Background: Several studies have identified older age as one of the risk factors for severe neutropenia, febrile neutropenia (FN), and related outcomes including hospitalization following myelosuppressive chemotherapy. Older age is also associated with the increased likelihood of comorbid conditions, greater severity of illness, decline in performance status, and other risk factors for complications following chemotherapy. No study has yet described the effect of age while controlling for these age-related risk factors for febrile neutropenia following chemotherapy. This analysis describes the effect of age, adjusted for patient and treatment characteristics and measurable comorbidities, on the incidence of hospitalization for any reason and also on neutropenia-related hospitalization in non-Hodgkin's lymphoma (NHL) patients receiving chemotherapy.

Methods: Using U.S. claims data from 01 January 2006 through 31 December 2009, we examined rates of all-cause hospitalization and neutropenia-related hospitalization for patients with NHL aged 18 to 89 years, during their first course of chemotherapy (when patients are at highest risk for neutropenia-related hospitalization). Neutropenia was identified in claims as ICD-9-CM code 288.0. We fitted a cubic spline regression curve based on the regression spline model that best predicted the association between hospitalization and age, adjusting for sex of the patient, treatment characteristics (type of chemotherapy, cycle length), chronic comorbidities (using the Deyo-Charlson comorbidity index), and use of filgrastim, pegfilgrastim, or sargramostim (G/GMCSF) as primary prophylaxis (defined as use within the first 5 days of the first cycle). Results are presented numerically and graphically with simultaneous 95% confidence intervals.

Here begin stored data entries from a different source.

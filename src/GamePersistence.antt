-- ===== src/GamePersistence.antt =====
-- internal/usecase/game_persistence.go: the state of the use case, and the steps that the handlers of
-- GamePersistence/Handlers.antt are made of. The user repository is set, as the constructor is given it.
pub mod Extract
pub mod Settling
pub mod Creating
pub mod Handlers
pub mod Keeping
pub mod Duplicates
pub mod Fitting
pub mod Consistency
pub mod Atomicity
pub mod Statistics
pub mod Settlements
pub mod Finished
pub mod Redelivery
pub mod Releases
pub mod Started
pub mod Ended
use Prim.Native.String.{String}
use pod_backend.Common.{
  ℕ, Bool, true, false, not, Option, none, some, List, [], ◌∷◌, ◌++◌, Text, is_empty, ℤ, pos, eqb_ℤ,
  eqb, text_eq, Outcome, ok, err, if◌then◌else◌,
}
use pod_backend.Database.{
  Tables, Server, Fault, message, wrapped, Action, pure, throw, wrap, ◌>>=◌, ◌>>◌, execute,
}
use pod_backend.Database.Events.{upsert_event}
use pod_backend.Database.Games.{get_game}
use pod_backend.CancelReservation.{release_on_unavailable}
use pod_backend.Entity.Game.{Game}
use pod_backend.Entity.GameEvent.{GameEvent, EventData, validate_event}
use pod_backend.ExpiredClaim.{release_on_resolved}
use pod_backend.Ledger.{Ledger, Effect, World}
use pod_backend.Reservation.{release_on_join}
use pod_backend.RevealReservation.{release_on_terminal}
use pod_backend.Wallet.{AddressLib}

-- `GameEventType` of game_broadcast.go.
pub data GameEventType : Type 0 where
  game_initialized game_started game_finished game_cancelled draw : GameEventType
  secret_opened insufficient_balance : GameEventType

-- What the use case calls that is not modelled here: `int64(v)` of a `float64`, `json.Marshal` of the
-- event data, and what the coordination use cases take.
pub record Env : Type 0 where
  pub server : Server
  pub to_int64 : ℕ → ℤ
  pub marshal : EventData → Outcome String Text
  pub lib : AddressLib
  pub world : World

-- The collaborators: the tables, the event object that the caller holds, the coordination use cases
-- that are set, whether there is a transaction manager and a broadcaster, and what they were told.
pub record System : Type 0 where
  pub tables : Tables
  pub event : GameEvent
  pub joins : Option Ledger
  pub cancels : Option Ledger
  pub reveals : Option Ledger
  pub claims : Option Ledger
  pub transactional : Bool
  pub broadcasting : Bool
  pub effects : List Effect
  pub updates : List (Game × GameEventType)

-- A call of a repository.
unfoldable pub db : {A : Type 0} → Action Tables A → Action System A
db m s = let (r, t) = m s.tables in (r, record s { tables = t })

-- A step that returns no error.
unfoldable pub step : (System → System) → Action System (Unit {0})
step f s = (ok tt, f s)

-- An error of a reader of the event data ends the handler.
unfoldable pub read : {A : Type 0} → (EventData → Outcome Fault A) → Action System A
read f s = elim (f (elim s.event.event_data [ none ↦ [] | some d ↦ d ])) [
  | ok a ↦ (ok a, s)
  | err e ↦ (err (wrapped "invalid event data" e), s)
]

-- The two tests at the start of each handler.
unfoldable pub expects : Text → Action System (Unit {0})
expects kind s = elim (validate_event s.event) [
  | some m ↦ (err (wrapped "validation failed" (message m)), s)
  | none ↦
      if eqb s.event.event_type kind then (ok tt, s) else (err (message "invalid event type"), s)
]

-- The event object that the caller holds.
unfoldable pub current : Action System GameEvent
current s = (ok s.event, s)

module _ (env : Env) where
  -- `GetByID` of the event's game.
  unfoldable pub find_game : Action System Game
  find_game s = wrap "game not found" (db (get_game env.server s.event.game_id)) s

  -- `serializeEventData`
  unfoldable pub serialize_event_data : Action System (Unit {0})
  serialize_event_data s =
      if not (is_empty s.event.payload) then (ok tt, s) else elim s.event.event_data [
        | none ↦ (ok tt, s)
        | some d ↦ elim (env.marshal d) [
          | err m ↦ (err (wrapped "failed to serialize event data" (message m)), s)
          | ok p ↦ (ok tt, record s { event = record s.event { payload = p } })
        ]
      ]

  -- `Upsert` of the event, which writes its id and its time of creation.
  unfoldable pub persist_event : Action System (Unit {0})
  persist_event s =
      let (r, t) = upsert_event env.server s.event s.tables in
      elim r [
        | err e ↦ (err (wrapped "failed to persist event" e), record s { tables = t })
        | ok e ↦ (ok tt, record s { tables = t; event = e })
      ]

  -- `WithTx`: after an error, or if the commit fails, the rows are those from before; the sequences and
  -- the event object are not.
  unfoldable pub undo : System → System → System
  undo s s' = record s' {
    tables = record s'.tables {
      games = s.tables.games;
      events = s.tables.events;
      users = s.tables.users;
    };
  }

  unfoldable pub answer : ℕ → Action Tables (Unit {0})
  answer _ t = (ok tt, t)

  unfoldable pub rolled_back : System → Fault → Action System (Unit {0})
  unfolding undo answer
  rolled_back s e s' =
      let (r, s'') = db (execute env.server answer) s' in
      (elim r [ ok _ ↦ err e | err _ ↦ err (wrapped "rollback failed" e) ], undo s s'')

  unfoldable pub committed : System → Action System (Unit {0})
  unfolding undo answer
  committed s s' =
      let (r, s'') = db (execute env.server answer) s' in
      elim r [ ok _ ↦ (ok tt, s'') | err e ↦ (err (wrapped "commit transaction" e), undo s s'') ]

  unfoldable pub with_tx : Action System (Unit {0}) → Action System (Unit {0})
  unfolding answer rolled_back committed
  with_tx body s =
      let (r, s1) = db (execute env.server answer) s in
      elim r [
        | err e ↦ (err (wrapped "begin transaction" e), s1)
        | ok _ ↦
            let (r', s2) = body s1 in elim r' [ ok _ ↦ committed s s2 | err e ↦ rolled_back s e s2 ]
      ]

  -- `broadcastGameUpdate`: a game that cannot be read is not broadcast.
  unfoldable pub broadcast_game_update : ℤ → GameEventType → System → System
  broadcast_game_update g kind s =
      if not s.broadcasting
      then s
      else (let (r, t) = get_game env.server g s.tables in
          elim r [
            | err _ ↦ record s { tables = t }
            | ok game ↦ record s { tables = t; updates = s.updates ++ (game, kind) ∷ [] }
          ])

  -- The call of `ReleaseOnJoin`.
  unfoldable pub release_join_reservation : ℤ → System → System
  release_join_reservation g s = elim s.joins [
    | none ↦ s
    | some l ↦
        let (l', told) = release_on_join env.lib env.world l g in
        record s { joins = some l'; effects = s.effects ++ told }
  ]

  -- `releaseCancelReservationIfUnavailable`
  unfoldable pub release_cancel_reservation_if_unavailable : ℤ → System → System
  release_cancel_reservation_if_unavailable g s = elim s.cancels [
    | none ↦ s
    | some l ↦
        let (l', told) = release_on_unavailable env.lib env.world l g "resolved" in
        record s { cancels = some l'; effects = s.effects ++ told }
  ]

  -- `releaseRevealReservationIfAny`
  unfoldable pub release_reveal_reservation_if_any : ℤ → System → System
  release_reveal_reservation_if_any g s = elim s.reveals [
    | none ↦ s
    | some l ↦
        let (l', told) = release_on_terminal env.lib env.world l g in
        record s { reveals = some l'; effects = s.effects ++ told }
  ]

  -- `releaseExpiredClaimIfResolved`
  unfoldable pub release_expired_claim_if_resolved : ℤ → System → System
  release_expired_claim_if_resolved g s = elim s.claims [
    | none ↦ s
    | some l ↦
        let (l', told) = release_on_resolved env.lib env.world l g in
        record s { claims = some l'; effects = s.effects ++ told }
  ]

-- `if event.ID == 0 { return nil }`
unfoldable pub unless_duplicate : Action System (Unit {0}) → Action System (Unit {0})
unless_duplicate rest s = if eqb_ℤ s.event.id (pos 0) then (ok tt, s) else rest s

Results: We identified 4,048 patients with NHL who were receiving chemotherapy. Approximately half (55%) were male; mean age was 61 years (standard deviation, 15 years) (table). The most common first cycle administration schedule was every 3 weeks (Q3W), reported for 64% of courses. Primary prophylaxis with G/GMCSF was administered in 49% of the chemotherapy courses. The risk of hospitalization for any cause was approximately 20% at age 20, rising in a nearly linear fashion to approximately 28% at age 80 (graph; R2 = 0.0421). The risk of neutropenia-related hospitalization was approximately 2% at age 20 and approximately 5% at age 80 (graph; R2 = 0.0125).


Conclusions:
After adjusting for sex, treatment characteristics, chronic comorbidities, and use of primary prophylaxis with G/GMCSF, older age is associated with a moderate, nearly linear increase in the risk of hospitalization from any cause and a more modest but similar increase in neutropenia-related hospitalization.